Dataset content ::
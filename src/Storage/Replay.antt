-- ===== src/Storage/Replay.antt =====
-- The dump file line by line: what `load` does with the lines that `dumpToStringLocked` writes.
use variables_and_streams_se.Base.{
  ℕ, List, [], ◌∷◌, ◌++◌, false, if◌then◌else◌, is_empty, ◌≡◌, ◌≢◌, refl, arith, append_assoc,
  append-nil, ◌∙◌, ap, sym,
}
use variables_and_streams_se.Base.Text.{
  Text, Lacks, split, is_blank, before-append, after-append, has_byte-append, split-append,
  Lacks-append,
}
use variables_and_streams_se.Storage.Path.{dot, scroll_path, scroll_path_of_Lacks, scroll_path-dot}
use variables_and_streams_se.Storage.Tree.{
  RamNode, Childs, node, no_childs, child, value, set_value, alter,
}
use variables_and_streams_se.Storage.Wf.{IsWf, AreWf}
use variables_and_streams_se.Storage.Dump.{
  newline, equals, dump_prefix, dump_line, dump_to_string, dump_childs, load_line, load_lines,
}

-- The trees that the format of the file can hold: no key is empty or has an equals sign or a line
-- break, and no value has a line break.
unfoldable mutual
  pub IsPlain : RamNode → Type 0
  IsPlain (node i v cs) = ArePlain cs

  pub ArePlain : Childs → Type 0
  ArePlain no_childs = Unit
  ArePlain (child k c cs) =
      (k ≢ [])
      × Lacks equals k
      × Lacks newline k
      × Lacks newline (value c)
      × IsPlain c
      × ArePlain cs

-- A written value: the descent to its node, and the value.
abbrev pub Entry : Type 0
Entry = List Text × Text

unfoldable pub own : List Text → Text → List Entry
own p v = if is_empty v then [] else (p, v) ∷ []

unfoldable mutual
  pub entries : RamNode → List Text → List Entry
  entries (node i v cs) p = entries_childs cs p

  pub entries_childs : Childs → List Text → List Entry
  entries_childs no_childs p = []
  entries_childs (child k c cs) p =
      own (p ++ k ∷ []) (value c) ++ entries c (p ++ k ∷ []) ++ entries_childs cs p

unfoldable pub replay : List Entry → RamNode → RamNode
replay [] n = n
replay ((p, v) ∷ es) n = replay es (alter p (set_value v) n)

pub replay-append :
    (es fs : List Entry) (n : RamNode) → replay (es ++ fs) n ≡ replay fs (replay es n)
unfolding replay
replay-append [] fs n = refl
replay-append ((p, v) ∷ es) fs n = replay-append es fs (alter p (set_value v) n)

-- Text in front of a key that stands for the nodes p.
record Spells (prefix : Text) (p : List Text) : Type 0 where
  at : (rest : Text) → rest ≢ [] → scroll_path (prefix ++ rest) ≡ p ++ scroll_path rest
  no_equals : Lacks equals prefix
  no_newline : Lacks newline prefix

Spells-nil : Spells [] []
Spells-nil = record { at = λ rest h. refl; no_equals = tt; no_newline = tt }

append-ne-nil : (s : Text) (b : ℕ) (t : Text) → s ++ b ∷ t ≢ []
append-ne-nil [] b t = cc
append-ne-nil (c ∷ s) b t = cc

dump_prefix_of_ne : (key : Text) → key ≢ [] → dump_prefix key ≡ key ++ dot ∷ []
unfolding dump_prefix
dump_prefix_of_ne [] h = absurd (h refl)
dump_prefix_of_ne (c ∷ key) h = refl

append-ne-nil_right : (s t : Text) → t ≢ [] → s ++ t ≢ []
append-ne-nil_right [] t h = h
append-ne-nil_right (c ∷ s) t h = cc

Spells-key :
    {prefix : Text} {p : List Text} (k : Text)
    → Spells prefix p
    → k ≢ []
    → Lacks dot k
    → Lacks equals k
    → Lacks newline k
    → Spells (dump_prefix (prefix ++ k)) (p ++ k ∷ [])
Spells-key {prefix} {p} k s ne nodot noeq nonl =
    rw (dump_prefix_of_ne _ (append-ne-nil_right prefix k ne)) (record {
      at = λ rest h.
          ap scroll_path
            (append_assoc (prefix ++ k) (dot ∷ []) rest ∙ append_assoc prefix k (dot ∷ rest))
          ∙ s.at (k ++ dot ∷ rest) (append-ne-nil k dot rest)
          ∙ ap (λ (q : List Text). p ++ q) (scroll_path-dot k rest nodot h)
          ∙ sym (append_assoc p (k ∷ []) (scroll_path rest));
      no_equals =
          Lacks-append equals (prefix ++ k) (dot ∷ [])
            (Lacks-append equals prefix k s.no_equals noeq) (omega arith);
      no_newline =
          Lacks-append newline (prefix ++ k) (dot ∷ [])
            (Lacks-append newline prefix k s.no_newline nonl) (omega arith);
    })

is_blank-append : (s t : Text) → is_blank (s ++ equals ∷ t) ≡ false
unfolding is_blank
is_blank-append [] t = ground arith
is_blank-append (c ∷ s) t = ground (arith, is_blank-append s t)

load_line-entry :
    (key v : Text) (n : RamNode)
    → Lacks equals key
    → load_line (key ++ equals ∷ v) n ≡ alter (scroll_path key) (set_value v) n
unfolding load_line
load_line-entry key v n h =
    rw (is_blank-append, has_byte-append, before-append equals key v h, after-append equals key v h)

load_lines-cons :
    (line : Text) (lines : List Text) (n : RamNode)
    → load_lines (line ∷ lines) n ≡ load_lines lines (load_line line n)
unfolding load_lines
load_lines-cons line lines n = refl

load-dump_line :
    {prefix : Text} {p : List Text} (k v rest : Text) (n : RamNode)
    → Spells prefix p
    → k ≢ []
    → Lacks dot k
    → Lacks equals k
    → Lacks newline k
    → Lacks newline v
    → load_lines (split newline (dump_line (prefix ++ k) v ++ rest)) n
      ≡ load_lines (split newline rest) (replay (own (p ++ k ∷ []) v) n)
unfolding dump_line own replay
load-dump_line k [] rest n s ne nodot noeq nonl nonlv = refl
load-dump_line {prefix} {p} k (x ∷ v) rest n s ne nodot noeq nonl nonlv =
    let key = prefix ++ k in
    let line = key ++ equals ∷ x ∷ v in
    let clean : Lacks newline line =
      Lacks-append newline key _ (Lacks-append newline prefix k s.no_newline nonl)
        (omega arith, nonlv) in
    let path : scroll_path key ≡ p ++ k ∷ [] =
      s.at k ne ∙ ap (λ (q : List Text). p ++ q) (scroll_path_of_Lacks k nodot) in
    rw (
      append_assoc line (newline ∷ []) rest,
      split-append newline line rest clean,
      load_lines-cons,
      load_line-entry key (x ∷ v) n (Lacks-append equals prefix k s.no_equals noeq),
      path,
    )

mutual
  unfolding dump_to_string dump_childs entries entries_childs IsPlain ArePlain IsWf AreWf replay

  load-dump :
      (m : RamNode) (parent : Text) (p : List Text) (rest : Text) (n : RamNode)
      → Spells (dump_prefix parent) p
      → IsPlain m
      → IsWf m
      → load_lines (split newline (dump_to_string m parent ++ rest)) n
        ≡ load_lines (split newline rest) (replay (entries m p) n)
  load-dump (node i v cs) parent p rest n s plain wf =
      load-dump_childs cs (dump_prefix parent) p rest n s plain wf

  load-dump_childs :
      (cs : Childs) (prefix : Text) (p : List Text) (rest : Text) (n : RamNode)
      → Spells prefix p
      → ArePlain cs
      → AreWf cs
      → load_lines (split newline (dump_childs cs prefix ++ rest)) n
        ≡ load_lines (split newline rest) (replay (entries_childs cs p) n)
  load-dump_childs no_childs prefix p rest n s plain wf = refl
  load-dump_childs (child k c cs) prefix p rest n s (ne, noeq, nonl, nonlv, plain, plains)
        (name, nodot, once, wf, wfs) =
      let key = prefix ++ k in
      let below = dump_childs cs prefix in
      let n₁ = replay (own (p ++ k ∷ []) (value c)) n in
      let n₂ = replay (entries c (p ++ k ∷ [])) n₁ in
      rw
        (
          append_assoc,
          append_assoc,
          load-dump_line k (value c) (dump_to_string c key ++ (below ++ rest)) n s ne nodot noeq
              nonl nonlv,
        )
        (rw (
          load-dump c key (p ++ k ∷ []) (below ++ rest) n₁ (Spells-key k s ne nodot noeq nonl) plain
              wf,
          load-dump_childs cs prefix p rest n₂ s plains wfs,
          replay-append,
          replay-append,
        ))

-- The empty text behind the last line break changes nothing.
load_lines-last : (n : RamNode) → load_lines (split newline []) n ≡ n
unfolding load_lines load_line split is_blank
load_lines-last n = refl

-- Loading a whole dump replays the entries of the tree.
pub load-dump_text :
    (m n : RamNode)
    → IsPlain m
    → IsWf m
    → load_lines (split newline (dump_to_string m [])) n ≡ replay (entries m []) n
unfolding dump_prefix
load-dump_text m n plain wf =
    rw (← append-nil (dump_to_string m []))
      (load-dump m [] [] [] n Spells-nil plain wf ∙ load_lines-last (replay (entries m []) n))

To do :: In the material above, how many lines include the string "record"? State the number alone.

Your response :: 3